50 % des patrons de PME se disent inquiets pour leur activité

12 février 2014

Isabelle Marie

Les dirigeants de PME sont inquiets. Si ce n’est ni un scoop, ni une surprise, c’est le niveau de cette inquiétude qui constitue en soi une information. Selon le dernier Baromètre de KPMG et de la CGPME sur le financement et l’accès au crédit des PME, 90 % des dirigeants se déclarent « inquiets » (dont 30 % « très inquiets ») quant au contexte économique. En janvier 2014, ils sont 60 % à se dire « inquiets » pour leur propre activité, soit 7 points de plus qu’en septembre 2013.

Parmi les principales difficultés rencontrées, la baisse du chiffre d’affaires et la hausse du coût des fournisseurs arrivent en tête pour près de la moitié des chefs d’entreprise interrogés. Les problématiques liées à la trésorerie ou au financement atteignent, pour ce dernier Baromètre, un niveau record à 36 %.

Un peu plus des deux tiers des dirigeants assurent avoir au moins un besoin de financement. Ils sont pourtant de plus en plus nombreux à restreindre leurs investissements et leurs demandes de crédits auprès des banques : ils sont 37 % dans ce cas de figure.
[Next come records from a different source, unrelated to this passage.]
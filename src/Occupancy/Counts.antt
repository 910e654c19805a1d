-- ===== src/Occupancy/Counts.antt =====
-- Occupancy::Footprints of src/reduce/occupancy.cc: the chunks that its footprints count.
use carta_zarr.Base.{
  ℕ, zero, suc, ◌+◌, ◌-◌, ◌*◌, ◌^◌, ◌<◌, ◌≤◌, ◌≡◌, refl, sym, ap, ◌∙◌, min, max, Bool, true, false,
  ◌&&◌, List, [], ◌∷◌, ◌++◌, Option, some, ltb, leb, ◌==◌, ==→eq, leb→le, leb→lt, ltb→lt, arith,
  Bool-cases, inl, inr, length, length-append, add64, mul64, add64_lem, sub64_lem, mul64_lem,
  dec_le,
}
use carta_zarr.Chunk.{units_affordable}
use carta_zarr.Chunk.Cost.{units_affordable_lem}
use carta_zarr.Occupancy.{ColumnRun, OccupiedRow, occupied_rows}
use carta_zarr.Occupancy.Cells.{
  cells_from, run_cells, row_cells, AreRuns, AreRows, occupied_rows-AreRows, occupied_rows_cells,
}
use carta_zarr.Occupancy.Footprints.{
  OccupiedFootprint, OccupiedBox, run_width, widest_run, same_runs, take_band, footprint_at,
  run_segments, band_segments, over_occupied, occupied_footprints,
}
use native.Mathlib.Nat.{div-le_self}

-- The cells of runs and of rows, counted.
abbrev count_runs : List ColumnRun → ℕ
count_runs [] = 0
count_runs (run ∷ runs) = (suc run.last - run.first) + count_runs runs

abbrev count_rows : List OccupiedRow → ℕ
count_rows [] = 0
count_rows (r ∷ rows) = count_runs r.runs + count_rows rows

abbrev pub chunk_total : List OccupiedFootprint → ℕ
chunk_total [] = 0
chunk_total (f ∷ footprints) = f.slab.chunks + chunk_total footprints

-- No footprint has more chunks than so many.
abbrev pub AreAfforded : ℕ → List OccupiedFootprint → Type 0
AreAfforded most [] = Unit
AreAfforded most (f ∷ footprints) = (f.slab.chunks ≤ most) × AreAfforded most footprints

-- There are footprints, none of them of more than `most` chunks and of so many in all.
abbrev pub Cut : ℕ → ℕ → Option (List OccupiedFootprint) → Type 0
Cut most total given =
    (footprints : List OccupiedFootprint) × (given ≡ some footprints)
    × (chunk_total footprints ≡ total)
    × AreAfforded most footprints

chunk_total-append :
    (fs gs : List OccupiedFootprint) → chunk_total (fs ++ gs) ≡ chunk_total fs + chunk_total gs
chunk_total-append [] gs = omega arith
chunk_total-append (f ∷ fs) gs = omega (arith, chunk_total-append fs gs)

AreAfforded-append :
    (most : ℕ) (fs gs : List OccupiedFootprint)
    → AreAfforded most fs
    → AreAfforded most gs
    → AreAfforded most (fs ++ gs)
AreAfforded-append most [] gs v w = w
AreAfforded-append most (f ∷ fs) gs (h, v) w = (h, AreAfforded-append most fs gs v w)

mul_add : (w r b : ℕ) → (w + r) * b ≡ w * b + r * b
mul_add w r b = grind arith

mul_mono : (w x b : ℕ) → w ≤ x → w * b ≤ x * b
mul_mono w x b h = grind arith

run_width_lem :
    (first last : ℕ) → first ≤ last → last + 1 < 2 ^ 64 → run_width first last ≡ suc last - first
unfolding run_width
run_width_lem first last h b =
    rw (sub64_lem last first h (omega arith), add64_lem (last - first) 1 (omega arith))
      (omega arith)

both : (a b : Bool) → (a && b) ≡ true → (a ≡ true) × (b ≡ true)
both true b e = (refl, e)
both false b e = absurd cc

-- What a read affords, of bands of no more rows than it does.
afforded_segment :
    (chunks_per_read band_rows : ℕ)
    → 1 ≤ band_rows
    → band_rows ≤ max 1 chunks_per_read
    → (1 ≤ units_affordable chunks_per_read band_rows)
      × (units_affordable chunks_per_read band_rows * band_rows ≤ max 1 chunks_per_read)
unfolding units_affordable
afforded_segment chunks_per_read band_rows h k = elim (dec_le band_rows chunks_per_read) [
  | yes l ↦
      let (one, _, fits) = units_affordable_lem chunks_per_read band_rows (omega arith) in
      (one, omega (arith, fits l))
  | no l ↦
      let none_read : chunks_per_read ≡ 0 = omega arith in
      let one_row : band_rows ≡ 1 = omega arith in
      rw (none_read, one_row) (omega arith, omega arith)
]

afforded_band :
    (chunks_per_read widest : ℕ) → units_affordable chunks_per_read widest ≤ max 1 chunks_per_read
unfolding units_affordable
afforded_band chunks_per_read widest = omega (arith, div-le_self chunks_per_read (max 1 widest))

-- Rows taken into a band of these runs, and the rows that are left.
record IsBand (columns limit taken : ℕ) (runs : List ColumnRun) (rows : List OccupiedRow)
    (band : ℕ × List OccupiedRow) : Type 0 where
  more : taken ≤ band.0
  fits : band.0 ≤ max taken limit
  counts : band.0 * count_runs runs + count_rows band.1 ≡ taken * count_runs runs + count_rows rows
  fewer : length band.1 ≤ length rows
  left : AreRows columns band.1

same_runs-count : (xs ys : List ColumnRun) → same_runs xs ys ≡ true → count_runs xs ≡ count_runs ys
unfolding same_runs
same_runs-count [] [] e = refl
same_runs-count [] (b ∷ ys) e = absurd cc
same_runs-count (a ∷ xs) [] e = absurd cc
same_runs-count (a ∷ xs) (b ∷ ys) e =
    let (ends, others) = both (a.first == b.first && a.last == b.last) (same_runs xs ys) e in
    let (first, last) = both (a.first == b.first) (a.last == b.last) ends in
    omega
      (arith, ==→eq a.first b.first first, ==→eq a.last b.last last, same_runs-count xs ys others)

take_band-IsBand :
    (columns row limit : ℕ) (runs : List ColumnRun) (taken : ℕ) (rows : List OccupiedRow)
    → AreRows columns rows
    → IsBand columns limit taken runs rows (take_band row limit runs taken rows)
unfolding take_band
take_band-IsBand columns row limit runs taken [] v = record {
  more = omega arith;
  fits = omega arith;
  counts = refl;
  fewer = omega arith;
  left = v;
}
take_band-IsBand columns row limit runs taken (r ∷ rows) v =
    elim (Bool-cases (r.row == add64 row taken && ltb taken limit && same_runs r.runs runs)) [
      | inr f ↦
          rw (f, take_band)
            (record {
              more = omega arith;
              fits = omega arith;
              counts = refl;
              fewer = omega arith;
              left = v;
            })
      | inl f ↦
          let (fits, alike) =
            both (r.row == add64 row taken && ltb taken limit) (same_runs r.runs runs) f in
          let (_, few) = both (r.row == add64 row taken) (ltb taken limit) fits in
          let same : count_runs r.runs ≡ count_runs runs = same_runs-count r.runs runs alike in
          let band : IsBand columns limit (taken + 1) runs rows
              (take_band row limit runs (taken + 1) rows) =
            take_band-IsBand columns row limit runs (taken + 1) rows v.1 in
          rw (f, take_band)
            (record {
              more = omega (arith, band.more);
              fits = omega (arith, band.fits, ltb→lt taken limit few);
              counts = omega (arith, band.counts, mul_add taken 1 (count_runs runs), same);
              fewer = omega (arith, band.fewer);
              left = band.left;
            })
    ]

-- The first piece of a run of chunk columns.
first_width :
    (limit first last : ℕ)
    → 1 ≤ limit
    → first ≤ last
    → last + 1 < 2 ^ 64
    → (w : ℕ) × (1 ≤ w)
      × (min limit (run_width first last) ≡ w)
      × (add64 first w ≡ first + w)
      × (suc last - first ≡ w + (suc last - (first + w)))
      × (w ≤ limit)
first_width limit first last l h b = (
  min limit (suc last - first),
  omega arith,
  ap (min limit) (run_width_lem first last h b),
  add64_lem first (min limit (suc last - first)) (omega arith),
  omega arith,
  omega arith,
)

module _ (box : OccupiedBox) (most : ℕ) where
  Cut-append :
      (total a b : ℕ) (fs gs : List OccupiedFootprint)
      → total ≡ a + b
      → chunk_total fs ≡ a
      → AreAfforded most fs
      → chunk_total gs ≡ b
      → AreAfforded most gs
      → Cut most total (some (fs ++ gs))
  Cut-append total a b fs gs sum e v f w =
      (fs ++ gs, refl, omega (arith, chunk_total-append fs gs), AreAfforded-append most fs gs v w)

  run_segments-Cut :
      (row band_rows limit fuel last first : ℕ)
      → 1 ≤ limit
      → limit * band_rows ≤ most
      → last + 1 < 2 ^ 64
      → first ≤ last + 1
      → last + 1 < first + fuel
      → (suc last - first) * band_rows < 2 ^ 64
      → Cut most
          ((suc last - first) * band_rows)
          (run_segments box row band_rows limit fuel last first)
  unfolding run_segments footprint_at
  run_segments-Cut row band_rows limit zero last first l m b f k t = absurd (omega arith)
  run_segments-Cut row band_rows limit (suc fuel) last first l m b f k t =
      elim (Bool-cases (leb first last)) [
        | inr past ↦
            let empty : suc last - first ≡ 0 = omega (arith, leb→lt first last past) in
            rw (past, empty, run_segments) ([], refl, omega arith, tt)
        | inl within ↦
            let h : first ≤ last = leb→le first last within in
            let (w, one, wide, next, sum, small) = first_width limit first last l h b in
            let split : (suc last - first) * band_rows
                ≡ w * band_rows + (suc last - (first + w)) * band_rows =
              rw sum (mul_add w (suc last - (first + w)) band_rows) in
            let here : (footprint_at box row band_rows first
                  (min limit (run_width first last))).slab.chunks
                ≡ w * band_rows =
              ap (λ (k : ℕ). mul64 k band_rows) wide
              ∙ mul64_lem w band_rows (omega (arith, split, t)) in
            let (fs, run, total, v) =
              run_segments-Cut row band_rows limit fuel last (first + w) l m b (omega arith)
                (omega arith) (omega (arith, split, t)) in
            rw (within, wide, next, run, run_segments)
              (
                _,
                refl,
                omega (arith, total, split, here),
                (omega (arith, here, mul_mono w limit band_rows small, m), v),
              )
      ]

  band_segments-Cut :
      (columns row band_rows limit : ℕ) (runs : List ColumnRun)
      → columns < 2 ^ 64
      → AreRuns columns runs
      → 1 ≤ limit
      → limit * band_rows ≤ most
      → count_runs runs * band_rows < 2 ^ 64
      → Cut most (count_runs runs * band_rows) (band_segments box row band_rows limit runs)
  unfolding band_segments
  band_segments-Cut columns row band_rows limit [] few v l m t = ([], refl, omega arith, tt)
  band_segments-Cut columns row band_rows limit (run ∷ runs) few (h, within, v) l m t =
      let width : run_width run.first run.last ≡ suc run.last - run.first =
        run_width_lem run.first run.last h (omega arith) in
      let split : ((suc run.last - run.first) + count_runs runs) * band_rows
          ≡ (suc run.last - run.first) * band_rows + count_runs runs * band_rows =
        mul_add (suc run.last - run.first) (count_runs runs) band_rows in
      let (fs, here, e, v0) =
        run_segments-Cut row band_rows limit (suc (run_width run.first run.last)) run.last run.first
          l m (omega arith) (omega arith) (omega (arith, width, h)) (omega (arith, split, t)) in
      let (gs, rest, f, v1) =
        band_segments-Cut columns row band_rows limit runs few v l m (omega (arith, split, t)) in
      rw (here, rest, band_segments)
        (Cut-append (((suc run.last - run.first) + count_runs runs) * band_rows)
          ((suc run.last - run.first) * band_rows) (count_runs runs * band_rows) fs gs split e v0 f
          v1)

over_occupied-Cut :
    (box : OccupiedBox) (columns chunks_per_read fuel : ℕ) (rows : List OccupiedRow)
    → columns < 2 ^ 64
    → AreRows columns rows
    → count_rows rows < 2 ^ 64
    → length rows < fuel
    → Cut (max 1 chunks_per_read) (count_rows rows) (over_occupied box chunks_per_read fuel rows)
unfolding over_occupied
over_occupied-Cut box columns chunks_per_read zero rows few v t k = absurd (omega arith)
over_occupied-Cut box columns chunks_per_read (suc fuel) [] few v t k = ([], refl, refl, tt)
over_occupied-Cut box columns chunks_per_read (suc fuel) (r ∷ rows) few v t k =
    let limit : ℕ = units_affordable chunks_per_read (widest_run 0 r.runs) in
    let band = take_band-IsBand columns r.row limit r.runs 1 rows v.1 in
    let n : ℕ = (take_band r.row limit r.runs 1 rows).0 in
    let (one, affords) =
      afforded_segment chunks_per_read n band.more
        (omega (arith, band.fits, afforded_band chunks_per_read (widest_run 0 r.runs))) in
    let counts : count_runs r.runs * n + count_rows (take_band r.row limit r.runs 1 rows).1
        ≡ count_runs r.runs + count_rows rows =
      grind (arith, band.counts) in
    let (fs, here, e, v0) =
      band_segments-Cut box (max 1 chunks_per_read) columns r.row n
        (units_affordable chunks_per_read n) r.runs few v.0 one affords
        (omega (arith, counts, t)) in
    let (gs, rest, f, v1) =
      over_occupied-Cut box columns chunks_per_read fuel (take_band r.row limit r.runs 1 rows).1 few
        band.left (omega (arith, counts, t)) (omega (arith, band.fewer, k)) in
    rw (here, rest, over_occupied)
      (Cut-append box (max 1 chunks_per_read) (count_runs r.runs + count_rows rows)
        (count_runs r.runs * n) (count_rows (take_band r.row limit r.runs 1 rows).1) fs gs
        (sym counts) e v0 f v1)

length-cells_from : (at n : ℕ) → length (cells_from at n) ≡ n
length-cells_from at zero = refl
length-cells_from at (suc n) = ap suc (length-cells_from (suc at) n)

length-run_cells :
    (start : ℕ) (runs : List ColumnRun) → length (run_cells start runs) ≡ count_runs runs
length-run_cells start [] = refl
length-run_cells start (run ∷ runs) =
    let head = length-cells_from (start + run.first) (suc run.last - run.first) in
    omega (
      arith,
      length-append (cells_from (start + run.first) (suc run.last - run.first))
          (run_cells start runs),
      head,
      length-run_cells start runs,
    )

length-row_cells :
    (columns : ℕ) (rows : List OccupiedRow) → length (row_cells columns rows) ≡ count_rows rows
length-row_cells columns [] = refl
length-row_cells columns (r ∷ rows) = omega (
  arith,
  length-append (run_cells (r.row * columns) r.runs) (row_cells columns rows),
  length-run_cells (r.row * columns) r.runs,
  length-row_cells columns rows,
)

-- Footprints, over the rows that Occupancy::Of reads off its occupied cells, of a grid of one column or
-- more and fewer than 2^64 and of fewer than 2^64 cells: its loops end; the chunks of the footprints add
-- up to the number of the occupied cells, which is what LayerChunks says; and no footprint has more chunks
-- than a read affords, or than one where a read affords none.
pub occupied_footprints-Cut :
    (box : OccupiedBox) (columns chunks_per_read : ℕ) (cells : List ℕ)
    → 0 < columns
    → columns < 2 ^ 64
    → length cells < 2 ^ 64
    → Cut
        (max 1 chunks_per_read)
        (length cells)
        (occupied_footprints box chunks_per_read (occupied_rows columns cells []))
unfolding occupied_footprints
occupied_footprints-Cut box columns chunks_per_read cells p few t =
    let rows = occupied_rows columns cells [] in
    let count : count_rows (occupied_rows columns cells []) ≡ length cells =
      sym (length-row_cells columns rows) ∙ ap length (occupied_rows_cells columns few cells p) in
    let all : Cut (max 1 chunks_per_read) (count_rows (occupied_rows columns cells []))
        (occupied_footprints box chunks_per_read (occupied_rows columns cells [])) =
      over_occupied-Cut box columns chunks_per_read (suc (length rows)) rows few
        (occupied_rows-AreRows columns few cells [] p tt) (omega (arith, count, t)) (omega arith) in
    (rw count at all)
Pas de moins de 77 % des chefs d’entreprise interrogés expliquent être confrontés à au moins une mesure de durcissement de la part de leur banque, soit 10 points de plus par rapport à mars 2013. Au premier rang de ces difficultés : les frais de crédits et l’octroi de montants plus faibles que ceux souhaités pour 50 % des dirigeants, soit une hausse de 9 points en six mois ; 41 % des répondants assurent que des garanties supplémentaires leur sont demandées ; 29 % doivent faire face à des réductions de facilités de trésorerie.
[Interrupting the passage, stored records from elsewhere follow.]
-- ===== src/Occupancy/Spans.antt =====
-- PlacedRegion::ForEachSpan of src/reduce/occupancy.h: the spans of a row that a region selects. `none` is
-- a read past the end of the runs.
use carta_zarr.Base.{
  ℕ, zero, suc, ◌+◌, ◌-◌, ◌*◌, min, max, List, [], ◌∷◌, Option, none, some, if◌then◌else◌, ltb, leb,
  get_elem?, add64, sub64, mul64,
}
use carta_zarr.Occupancy.{PlacedRegion}

-- A call of `span`: its pixels, and the raster's byte for the first with the step to the next, where the
-- raster is to be asked.
pub record Span : Type 0 where
  pub from : ℕ
  pub to : ℕ
  pub selected : Option (ℕ × ℕ)

-- How a region's pixels are encoded, as its null pointers say: runs with their offsets, a raster by its
-- steps along u and v, or the whole box.
pub data Encoding : Type 0 where
  in_runs : List ℕ → List ℕ → Encoding
  in_raster : ℕ → ℕ → Encoding
  whole_box : Encoding

-- The loop over the runs of a row, `n` of them from run `k` on.
unfoldable pub run_spans : ℕ → List ℕ → ℕ → ℕ → ℕ → ℕ → Option (List Span)
run_spans u_start runs first last zero k = some []
run_spans u_start runs first last (suc n) k =
    let rest = run_spans u_start runs first last n (k + 1) in
    elim (get_elem? runs (2 * k)) [
      | none ↦ none
      | some begin ↦
          if leb last (add64 u_start begin) then some [] else elim (get_elem? runs (2 * k + 1)) [
            | none ↦ none
            | some end ↦
                if ltb (max first (add64 u_start begin)) (min last (add64 u_start end))
                then elim rest [
                  | none ↦ none
                  | some spans ↦ some (
                      record {
                        from = max first (add64 u_start begin);
                        to = min last (add64 u_start end);
                        selected = none;
                      }
                      ∷ spans)
                ]
                else rest
          ]
    ]

unfoldable pub row_spans : ℕ → List ℕ → List ℕ → ℕ → ℕ → ℕ → Option (List Span)
unfolding run_spans
row_spans u_start runs offsets row first last = elim (get_elem? offsets row) [
  | none ↦ none
  | some k ↦ elim (get_elem? offsets (row + 1)) [
    | none ↦ none
    | some end ↦ run_spans u_start runs first last (end - k) k
  ]
]

-- PlacedRegion::ForEachSpan, the spans in the order of the calls
unfoldable pub for_each_span : PlacedRegion → Encoding → ℕ → ℕ → ℕ → Option (List Span)
unfolding row_spans
for_each_span region encoding y u0 u1 =
    let first = max u0 region.u_start in
    let last = min u1 (add64 region.u_start region.u_size) in
    if leb last first then some [] else elim encoding [
      | in_runs runs offsets ↦
          row_spans region.u_start runs offsets (sub64 y region.v_start) first last
      | in_raster u_step v_step ↦ some (
          record {
            from = first;
            to = last;
            selected = some (
              add64 (mul64 (sub64 y region.v_start) v_step)
                  (mul64 (sub64 first region.u_start) u_step),
              u_step,
            );
          }
          ∷ [])
      | whole_box ↦ some (record { from = first; to = last; selected = none } ∷ [])
    ]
En conséquence, la moitié des patrons de PME interrogés envisage d’examiner les conditions d’autres banques concurrentes.
Les dirigeants de PME rencontrent donc de plus en plus de difficultés dans leurs relations avec leur banquier alors que leurs besoins en financement d’investissement ont progressé de 5 points depuis septembre 2013 : ils sont 42 % à exprimer ce type de besoin. Les besoins de crédit pour financer le remplacement ou l’entretien des matériels, locaux ou équipements arrivent en première position. 
Enfin, soulignons que l’obligation pour les entreprises de proposer un minimum de 24 heures hebdomadaires aux salariés à temps partiel, à compter du 1er juillet 2014, pourrait impacter négativement l’emploi. En effet, 36 % des dirigeants interrogés estiment que cette mesure pourrait les faire renoncer à une ou plusieurs embauches.